"""

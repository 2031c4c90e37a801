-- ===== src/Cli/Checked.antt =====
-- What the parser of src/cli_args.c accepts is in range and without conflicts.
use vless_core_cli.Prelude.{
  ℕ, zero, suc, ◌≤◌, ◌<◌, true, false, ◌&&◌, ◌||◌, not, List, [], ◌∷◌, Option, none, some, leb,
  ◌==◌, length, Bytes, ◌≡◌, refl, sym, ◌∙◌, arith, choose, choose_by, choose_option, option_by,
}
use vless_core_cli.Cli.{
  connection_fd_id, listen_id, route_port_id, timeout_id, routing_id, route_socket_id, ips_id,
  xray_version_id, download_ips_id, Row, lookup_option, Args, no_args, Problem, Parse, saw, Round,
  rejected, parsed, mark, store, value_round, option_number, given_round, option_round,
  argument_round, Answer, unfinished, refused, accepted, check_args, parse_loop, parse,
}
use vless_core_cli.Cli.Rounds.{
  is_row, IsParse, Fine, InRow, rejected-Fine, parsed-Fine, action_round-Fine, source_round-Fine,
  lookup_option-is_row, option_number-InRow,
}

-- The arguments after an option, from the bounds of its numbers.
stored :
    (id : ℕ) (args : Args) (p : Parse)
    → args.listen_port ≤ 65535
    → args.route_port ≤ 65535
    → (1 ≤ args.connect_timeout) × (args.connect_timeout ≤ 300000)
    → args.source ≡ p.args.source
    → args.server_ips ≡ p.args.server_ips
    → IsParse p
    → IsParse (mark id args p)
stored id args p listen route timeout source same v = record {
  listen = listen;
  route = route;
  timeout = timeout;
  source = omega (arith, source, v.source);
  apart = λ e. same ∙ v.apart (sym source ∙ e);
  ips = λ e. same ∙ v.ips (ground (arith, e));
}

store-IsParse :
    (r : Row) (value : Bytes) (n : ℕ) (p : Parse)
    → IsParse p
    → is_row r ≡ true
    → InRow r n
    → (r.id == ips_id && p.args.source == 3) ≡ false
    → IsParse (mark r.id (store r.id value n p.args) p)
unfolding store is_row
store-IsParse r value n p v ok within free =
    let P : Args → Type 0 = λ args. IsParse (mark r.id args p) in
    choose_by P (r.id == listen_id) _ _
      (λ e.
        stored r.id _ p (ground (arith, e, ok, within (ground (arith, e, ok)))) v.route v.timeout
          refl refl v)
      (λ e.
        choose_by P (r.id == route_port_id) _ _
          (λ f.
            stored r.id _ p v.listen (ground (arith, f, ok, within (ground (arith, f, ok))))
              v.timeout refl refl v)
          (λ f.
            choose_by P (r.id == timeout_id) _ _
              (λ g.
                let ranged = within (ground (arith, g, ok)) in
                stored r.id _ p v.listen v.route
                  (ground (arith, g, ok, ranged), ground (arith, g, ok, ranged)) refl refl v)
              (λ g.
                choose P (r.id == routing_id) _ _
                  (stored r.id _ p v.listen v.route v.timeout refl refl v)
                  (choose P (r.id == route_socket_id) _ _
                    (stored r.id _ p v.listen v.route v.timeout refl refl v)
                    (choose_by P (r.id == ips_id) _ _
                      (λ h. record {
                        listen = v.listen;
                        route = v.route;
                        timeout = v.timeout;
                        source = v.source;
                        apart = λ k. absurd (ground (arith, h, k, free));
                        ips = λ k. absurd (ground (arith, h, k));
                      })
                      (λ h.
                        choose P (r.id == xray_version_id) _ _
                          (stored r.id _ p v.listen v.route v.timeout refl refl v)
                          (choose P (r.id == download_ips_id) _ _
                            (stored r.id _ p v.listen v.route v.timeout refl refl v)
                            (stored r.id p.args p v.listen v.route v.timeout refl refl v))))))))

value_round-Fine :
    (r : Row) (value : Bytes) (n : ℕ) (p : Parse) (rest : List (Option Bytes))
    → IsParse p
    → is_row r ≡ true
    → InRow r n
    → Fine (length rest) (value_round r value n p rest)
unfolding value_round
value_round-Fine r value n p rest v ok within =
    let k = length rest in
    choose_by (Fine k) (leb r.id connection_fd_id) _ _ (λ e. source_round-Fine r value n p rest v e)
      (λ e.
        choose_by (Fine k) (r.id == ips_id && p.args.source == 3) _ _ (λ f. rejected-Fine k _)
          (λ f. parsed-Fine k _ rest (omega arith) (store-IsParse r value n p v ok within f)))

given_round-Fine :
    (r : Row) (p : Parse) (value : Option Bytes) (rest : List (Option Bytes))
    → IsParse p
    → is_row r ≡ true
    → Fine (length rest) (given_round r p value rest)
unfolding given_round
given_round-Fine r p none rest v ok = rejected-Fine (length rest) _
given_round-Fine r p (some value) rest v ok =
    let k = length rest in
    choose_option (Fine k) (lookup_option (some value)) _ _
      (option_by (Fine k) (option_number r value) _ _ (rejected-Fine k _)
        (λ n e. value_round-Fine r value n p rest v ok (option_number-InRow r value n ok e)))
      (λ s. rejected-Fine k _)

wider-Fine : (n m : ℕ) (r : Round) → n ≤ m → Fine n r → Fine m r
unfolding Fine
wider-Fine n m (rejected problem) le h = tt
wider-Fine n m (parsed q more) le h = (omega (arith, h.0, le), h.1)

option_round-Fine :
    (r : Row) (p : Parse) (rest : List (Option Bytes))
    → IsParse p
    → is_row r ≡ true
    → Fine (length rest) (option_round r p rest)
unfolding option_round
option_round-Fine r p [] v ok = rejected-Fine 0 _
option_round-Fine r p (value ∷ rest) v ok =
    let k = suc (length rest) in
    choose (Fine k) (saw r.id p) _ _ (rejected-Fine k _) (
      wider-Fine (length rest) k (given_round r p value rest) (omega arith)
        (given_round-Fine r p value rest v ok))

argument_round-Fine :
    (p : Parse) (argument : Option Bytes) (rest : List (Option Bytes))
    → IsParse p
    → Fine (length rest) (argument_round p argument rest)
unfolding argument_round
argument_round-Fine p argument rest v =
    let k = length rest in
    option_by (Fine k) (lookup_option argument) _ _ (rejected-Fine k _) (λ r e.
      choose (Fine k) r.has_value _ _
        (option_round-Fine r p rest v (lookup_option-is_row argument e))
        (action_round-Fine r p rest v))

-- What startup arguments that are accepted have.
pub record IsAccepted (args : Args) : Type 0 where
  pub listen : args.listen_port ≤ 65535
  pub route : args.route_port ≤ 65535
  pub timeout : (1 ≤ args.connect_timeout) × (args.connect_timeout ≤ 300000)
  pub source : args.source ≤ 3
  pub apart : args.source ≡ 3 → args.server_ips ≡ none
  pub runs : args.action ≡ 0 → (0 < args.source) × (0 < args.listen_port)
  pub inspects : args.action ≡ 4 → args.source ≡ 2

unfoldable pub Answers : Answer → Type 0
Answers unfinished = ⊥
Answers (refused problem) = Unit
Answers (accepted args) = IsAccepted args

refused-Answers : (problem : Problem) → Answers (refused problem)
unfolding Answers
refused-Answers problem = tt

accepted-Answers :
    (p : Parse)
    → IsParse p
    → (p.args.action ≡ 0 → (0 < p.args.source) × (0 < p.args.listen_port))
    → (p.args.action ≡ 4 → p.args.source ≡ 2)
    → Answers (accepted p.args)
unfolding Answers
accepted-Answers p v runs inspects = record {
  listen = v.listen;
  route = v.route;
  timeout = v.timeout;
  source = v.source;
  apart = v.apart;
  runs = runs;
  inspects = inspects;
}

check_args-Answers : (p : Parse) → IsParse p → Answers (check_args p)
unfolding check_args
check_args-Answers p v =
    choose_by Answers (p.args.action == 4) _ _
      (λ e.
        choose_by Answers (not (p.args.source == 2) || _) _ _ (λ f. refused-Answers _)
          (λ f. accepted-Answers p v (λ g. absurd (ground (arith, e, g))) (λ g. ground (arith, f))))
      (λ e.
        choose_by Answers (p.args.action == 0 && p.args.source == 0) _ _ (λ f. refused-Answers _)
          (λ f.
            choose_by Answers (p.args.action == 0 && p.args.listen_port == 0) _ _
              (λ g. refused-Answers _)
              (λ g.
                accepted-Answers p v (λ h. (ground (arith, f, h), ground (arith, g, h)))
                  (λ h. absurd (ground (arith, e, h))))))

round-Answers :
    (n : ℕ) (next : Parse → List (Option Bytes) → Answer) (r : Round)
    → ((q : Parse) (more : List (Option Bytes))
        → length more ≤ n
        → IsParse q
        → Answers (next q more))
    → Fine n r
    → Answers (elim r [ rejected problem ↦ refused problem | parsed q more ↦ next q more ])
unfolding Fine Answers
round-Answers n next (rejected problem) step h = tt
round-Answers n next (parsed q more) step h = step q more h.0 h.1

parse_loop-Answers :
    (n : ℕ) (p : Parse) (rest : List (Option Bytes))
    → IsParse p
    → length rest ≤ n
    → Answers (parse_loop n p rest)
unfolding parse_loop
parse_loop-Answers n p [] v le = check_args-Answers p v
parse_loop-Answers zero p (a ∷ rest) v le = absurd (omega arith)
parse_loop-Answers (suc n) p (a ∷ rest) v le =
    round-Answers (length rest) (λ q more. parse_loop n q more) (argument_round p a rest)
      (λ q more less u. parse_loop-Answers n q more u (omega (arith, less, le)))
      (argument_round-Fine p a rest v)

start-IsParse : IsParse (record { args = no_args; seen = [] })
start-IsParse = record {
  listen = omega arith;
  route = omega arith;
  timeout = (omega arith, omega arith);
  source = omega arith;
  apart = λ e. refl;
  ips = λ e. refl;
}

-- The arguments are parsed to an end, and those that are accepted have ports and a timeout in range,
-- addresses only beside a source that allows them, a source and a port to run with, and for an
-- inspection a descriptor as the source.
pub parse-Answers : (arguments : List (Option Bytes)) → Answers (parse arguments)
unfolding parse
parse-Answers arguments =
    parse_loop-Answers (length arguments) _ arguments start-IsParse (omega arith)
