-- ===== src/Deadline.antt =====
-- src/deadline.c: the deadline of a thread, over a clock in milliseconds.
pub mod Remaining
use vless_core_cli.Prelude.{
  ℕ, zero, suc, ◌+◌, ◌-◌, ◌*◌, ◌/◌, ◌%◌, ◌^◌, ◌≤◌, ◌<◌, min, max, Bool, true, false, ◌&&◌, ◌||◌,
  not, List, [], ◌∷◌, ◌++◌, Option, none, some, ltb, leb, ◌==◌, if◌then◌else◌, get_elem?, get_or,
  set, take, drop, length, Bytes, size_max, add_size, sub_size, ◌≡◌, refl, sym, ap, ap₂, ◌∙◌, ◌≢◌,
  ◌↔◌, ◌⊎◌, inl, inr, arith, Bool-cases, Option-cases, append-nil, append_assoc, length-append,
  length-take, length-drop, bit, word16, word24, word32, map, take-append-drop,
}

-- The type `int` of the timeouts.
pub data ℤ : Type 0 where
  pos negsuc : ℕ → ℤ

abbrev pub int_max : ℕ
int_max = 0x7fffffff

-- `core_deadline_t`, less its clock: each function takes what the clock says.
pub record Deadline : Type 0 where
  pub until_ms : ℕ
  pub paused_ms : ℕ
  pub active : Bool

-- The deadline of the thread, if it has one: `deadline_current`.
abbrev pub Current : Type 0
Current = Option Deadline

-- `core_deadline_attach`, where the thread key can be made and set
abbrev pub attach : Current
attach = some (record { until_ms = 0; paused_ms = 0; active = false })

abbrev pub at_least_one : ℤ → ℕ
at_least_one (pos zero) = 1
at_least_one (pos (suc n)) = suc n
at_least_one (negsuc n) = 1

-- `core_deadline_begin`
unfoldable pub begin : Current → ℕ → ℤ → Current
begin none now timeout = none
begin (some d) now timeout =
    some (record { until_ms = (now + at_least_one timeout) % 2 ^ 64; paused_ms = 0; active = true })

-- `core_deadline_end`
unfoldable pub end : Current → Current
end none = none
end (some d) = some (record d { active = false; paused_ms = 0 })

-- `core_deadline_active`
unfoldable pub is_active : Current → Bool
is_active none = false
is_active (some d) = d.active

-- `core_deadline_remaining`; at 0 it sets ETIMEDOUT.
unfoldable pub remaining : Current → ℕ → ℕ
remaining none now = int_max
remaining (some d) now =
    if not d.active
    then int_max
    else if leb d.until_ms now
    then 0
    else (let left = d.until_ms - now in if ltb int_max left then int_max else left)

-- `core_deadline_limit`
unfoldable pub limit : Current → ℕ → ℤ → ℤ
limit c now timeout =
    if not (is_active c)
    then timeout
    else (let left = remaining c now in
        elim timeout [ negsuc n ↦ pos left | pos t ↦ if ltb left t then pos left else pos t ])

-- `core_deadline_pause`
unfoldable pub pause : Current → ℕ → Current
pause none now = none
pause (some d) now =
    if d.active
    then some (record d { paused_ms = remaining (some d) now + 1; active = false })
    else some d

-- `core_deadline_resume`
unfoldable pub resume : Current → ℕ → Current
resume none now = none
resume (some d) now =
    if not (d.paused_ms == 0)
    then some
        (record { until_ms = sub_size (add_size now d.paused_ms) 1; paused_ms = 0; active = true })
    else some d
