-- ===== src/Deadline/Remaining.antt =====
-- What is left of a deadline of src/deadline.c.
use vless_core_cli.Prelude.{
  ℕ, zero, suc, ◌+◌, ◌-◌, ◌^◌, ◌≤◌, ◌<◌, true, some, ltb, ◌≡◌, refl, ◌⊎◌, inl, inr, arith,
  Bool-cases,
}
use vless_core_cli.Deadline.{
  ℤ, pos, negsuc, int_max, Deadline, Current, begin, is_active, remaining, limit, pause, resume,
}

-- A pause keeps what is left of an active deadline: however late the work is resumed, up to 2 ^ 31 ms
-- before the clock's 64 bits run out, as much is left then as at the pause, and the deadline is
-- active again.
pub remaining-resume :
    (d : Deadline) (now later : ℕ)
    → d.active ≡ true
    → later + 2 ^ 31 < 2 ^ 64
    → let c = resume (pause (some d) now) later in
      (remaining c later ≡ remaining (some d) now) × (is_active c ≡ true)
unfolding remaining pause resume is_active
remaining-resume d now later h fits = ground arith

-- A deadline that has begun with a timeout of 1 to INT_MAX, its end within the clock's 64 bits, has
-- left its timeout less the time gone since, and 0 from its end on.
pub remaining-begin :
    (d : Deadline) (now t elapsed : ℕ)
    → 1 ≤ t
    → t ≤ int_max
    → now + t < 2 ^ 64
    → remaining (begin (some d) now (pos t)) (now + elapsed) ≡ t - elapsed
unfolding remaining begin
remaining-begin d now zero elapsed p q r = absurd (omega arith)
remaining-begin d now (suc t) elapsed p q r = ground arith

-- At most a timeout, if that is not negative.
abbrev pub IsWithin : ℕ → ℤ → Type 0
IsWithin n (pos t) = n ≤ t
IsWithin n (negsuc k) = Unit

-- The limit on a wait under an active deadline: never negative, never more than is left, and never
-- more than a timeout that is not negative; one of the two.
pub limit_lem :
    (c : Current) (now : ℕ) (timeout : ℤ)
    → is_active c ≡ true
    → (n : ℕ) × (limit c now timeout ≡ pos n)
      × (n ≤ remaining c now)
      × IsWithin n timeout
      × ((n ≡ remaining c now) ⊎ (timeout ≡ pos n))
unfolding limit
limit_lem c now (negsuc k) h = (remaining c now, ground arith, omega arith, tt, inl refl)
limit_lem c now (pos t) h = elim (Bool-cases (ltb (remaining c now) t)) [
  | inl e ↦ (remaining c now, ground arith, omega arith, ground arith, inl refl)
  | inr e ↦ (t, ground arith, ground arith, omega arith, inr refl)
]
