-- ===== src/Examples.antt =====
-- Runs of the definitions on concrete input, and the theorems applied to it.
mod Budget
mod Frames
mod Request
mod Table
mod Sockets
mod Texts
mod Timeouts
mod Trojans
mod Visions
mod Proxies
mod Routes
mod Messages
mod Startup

"""

— Task to carry out —
Whenever "drop" shows up in a line of the listing, copy that whole line.

— Expected answer —
  set, take, drop, length, Bytes, size_max, add_size, sub_size, ◌≡◌, refl, sym, ap, ap₂, ◌∙◌, ◌≢◌,
  length-take, length-drop, bit, word16, word24, word32, map, take-append-drop,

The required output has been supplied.